The second area delves deep into the nature of the military government to explain why it has failed the Egyptian state including a look at the “deep state” and how it controls the elements of the state and manipulates the political and civil elements of society to remain in power. For me, this was the most interesting section of the book as Springborg picks apart the bureaucracy, the judiciary and the parliament to demonstrate how each has been neutered and intimidated by the military, which seeks to centralise more functions to itself. Particularly interesting was the account of institutional “stove piping” that goes on, which prevents co-operation or interaction between departments and groups but the section on the judiciary is particularly heart breaking, especially as there appear to be judges who continue to try to challenge the regime.

Springborg goes on to develop the themes by showing how the Deep State then interacts with Egypt’s religious groups – Christians and Muslims (particularly sinister is the move to regulate mosques) and the rise and fall of Islamist and jihadi groups (with the military again seeking to use those struggles to reinforce its own power, even as the rise of attacks hurts Egypt’s tourism).  As someone who followed the news in Egypt following the Tahrir Square uprising, the sections summarising the relationship between the military and the Muslim Brotherhood was very interesting as Springborg sets out how each uses the other and the Brotherhood persistently underestimates its ability to bring the military under its control.

The third area reviews the intensifying crises within the Egyptian economy and the strains being placed on its population (including through high unemployment, issues with agriculture and business efficiency).  Springborg describes this with a bleak efficiency and it’s the most academic section with references to developmental models (and how they’ve failed) and how the physical and environmental infrastructure has slowly been allowed to decline (most worryingly in the realm of irrigation and agriculture) and how Egypt’s rulers have sought to play off western governments against Russia and Saudi, and how that has proved to be less successful as oil money dries up and the US has itself seen a change in governmental approach.

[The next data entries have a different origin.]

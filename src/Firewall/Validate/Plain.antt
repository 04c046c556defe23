-- ===== src/Firewall/Validate/Plain.antt =====
-- How a text of the characters of addresses is quoted.
use Prim.Native.Char.{code}
use Prim.Native.String.{String, [], ◌∷◌, ◌++◌}
use emarecloud.Prelude.{
  ℕ, ◌≡◌, refl, sym, ap, ◌∙◌, ◌⊎◌, inl, inr, true, false, arith, nat_beq, nat_beq_iff, Bool-cases,
}
use emarecloud.Text.{is_empty, codes, replace_code}
use emarecloud.Lists.{any}
use emarecloud.Firewall.Quote.{all_safe, sq}
use emarecloud.Firewall.Mq.{is_dangerous, wants_quotes, mq}
use emarecloud.Firewall.Forms.Bounds.{is_address_code, all_address}

other_code : (c n : ℕ) → is_address_code c ≡ true → is_address_code n ≡ false → nat_beq c n ≡ false
other_code c n h k = elim (Bool-cases (nat_beq c n)) [
  | inl e ↦
      let same : c ≡ n = (nat_beq_iff c n).0 e in
      absurd (ground (arith, sym h ∙ ap is_address_code same ∙ k))
  | inr e ↦ e
]

replace_code-all_address : (new s : String) → all_address s ≡ true → replace_code 39 new s ≡ s
unfolding all_address is_address_code emarecloud.Text.Digits.is_digit
replace_code-all_address new [] h = refl
replace_code-all_address new (c ∷ s) h =
    let here : is_address_code (code c) ≡ true = ground (arith, h) in
    let differs : nat_beq (code c) 39 ≡ false = other_code (code c) 39 here refl in
    rw differs (ap (λ t. c ∷ t) (replace_code-all_address new s (ground (arith, h))))

-- A shell is given the text as it is, or between two quotes.
pub sq-all_address :
    (s : String)
    → is_empty s ≡ false
    → all_address s ≡ true
    → (sq s ≡ s) ⊎ (sq s ≡ "'" ++ (s ++ "'"))
unfolding sq
sq-all_address s e h = elim (Bool-cases (all_safe s)) [
  | inl k ↦ inl (rw (e, k) refl)
  | inr k ↦ inr (rw (e, k) (ap (λ t. "'" ++ (t ++ "'")) (replace_code-all_address "'\"'\"'" s h)))
]

any-all_address :
    (s : String)
    → all_address s ≡ true
    → (any is_dangerous (codes s) ≡ false) × (any wants_quotes (codes s) ≡ false)
unfolding all_address is_address_code any emarecloud.Text.Digits.is_digit
any-all_address [] h = (refl, refl)
any-all_address (c ∷ s) h =
    let n = code c in
    let here : is_address_code n ≡ true = ground (arith, h) in
    let (ds, ws) = any-all_address s (ground (arith, h)) in
    (
      ground (
        arith,
        ds,
        other_code n 59 here refl,
        other_code n 10 here refl,
        other_code n 13 here refl,
        other_code n 0 here refl,
      ),
      ground (arith, ws, other_code n 32 here refl, other_code n 34 here refl),
    )

-- Emare OS is given the text as it is.
pub mq-all_address : (s : String) → is_empty s ≡ false → all_address s ≡ true → mq s ≡ inr s
unfolding mq
mq-all_address s e h = let (d, w) = any-all_address s h in rw (e, d, w) refl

The final area then pulls the preceding points together to assess 3 scenarios for Egypt’s future but to be honest I was a little disappointed by the brevity of this.  Sprinborg postulates that either Egypt will be able to struggle on as is, aided by good luck (e.g. defeating the Sinai insurgency, the discovery of new hydrocarbon reserves and a rise in external support from Gulf states and competition between Trump, Russia and China to provide funds to win influence). Alternatively there could be political change within the Deep State with the military replacing Sisi in a pre-emptive coup or reformers sweep out both Sisi and the military command and reach out to rebuild civilian-led government (although Springborg admits that either option rests on political pressure building to the point where the Deep State feels that it has to act and given that this book was released before the election that saw Sisi returned to power and his subsequent moves to consolidate it). Finally Springborg suggests the possibility of breakdown of the country either into a Syria/Libya scenario if Islamist opposition unites and grows in strength or a second Tahrir Revolution that provokes a violent military response that in turn splits the military and spirals downhill or the collapse of the overall system into a failed state as the economy finally succumbs at the same time as Islamists strengthen their uprising.

All in all, I thought this was a fascinating book that really expanded my knowledge of the country and the forces within it and as such I think that if you have an interest in what’s happening in this part of the world, then this is a must-read.

Thanks to the Amazon Vine Programme for the review copy of this book.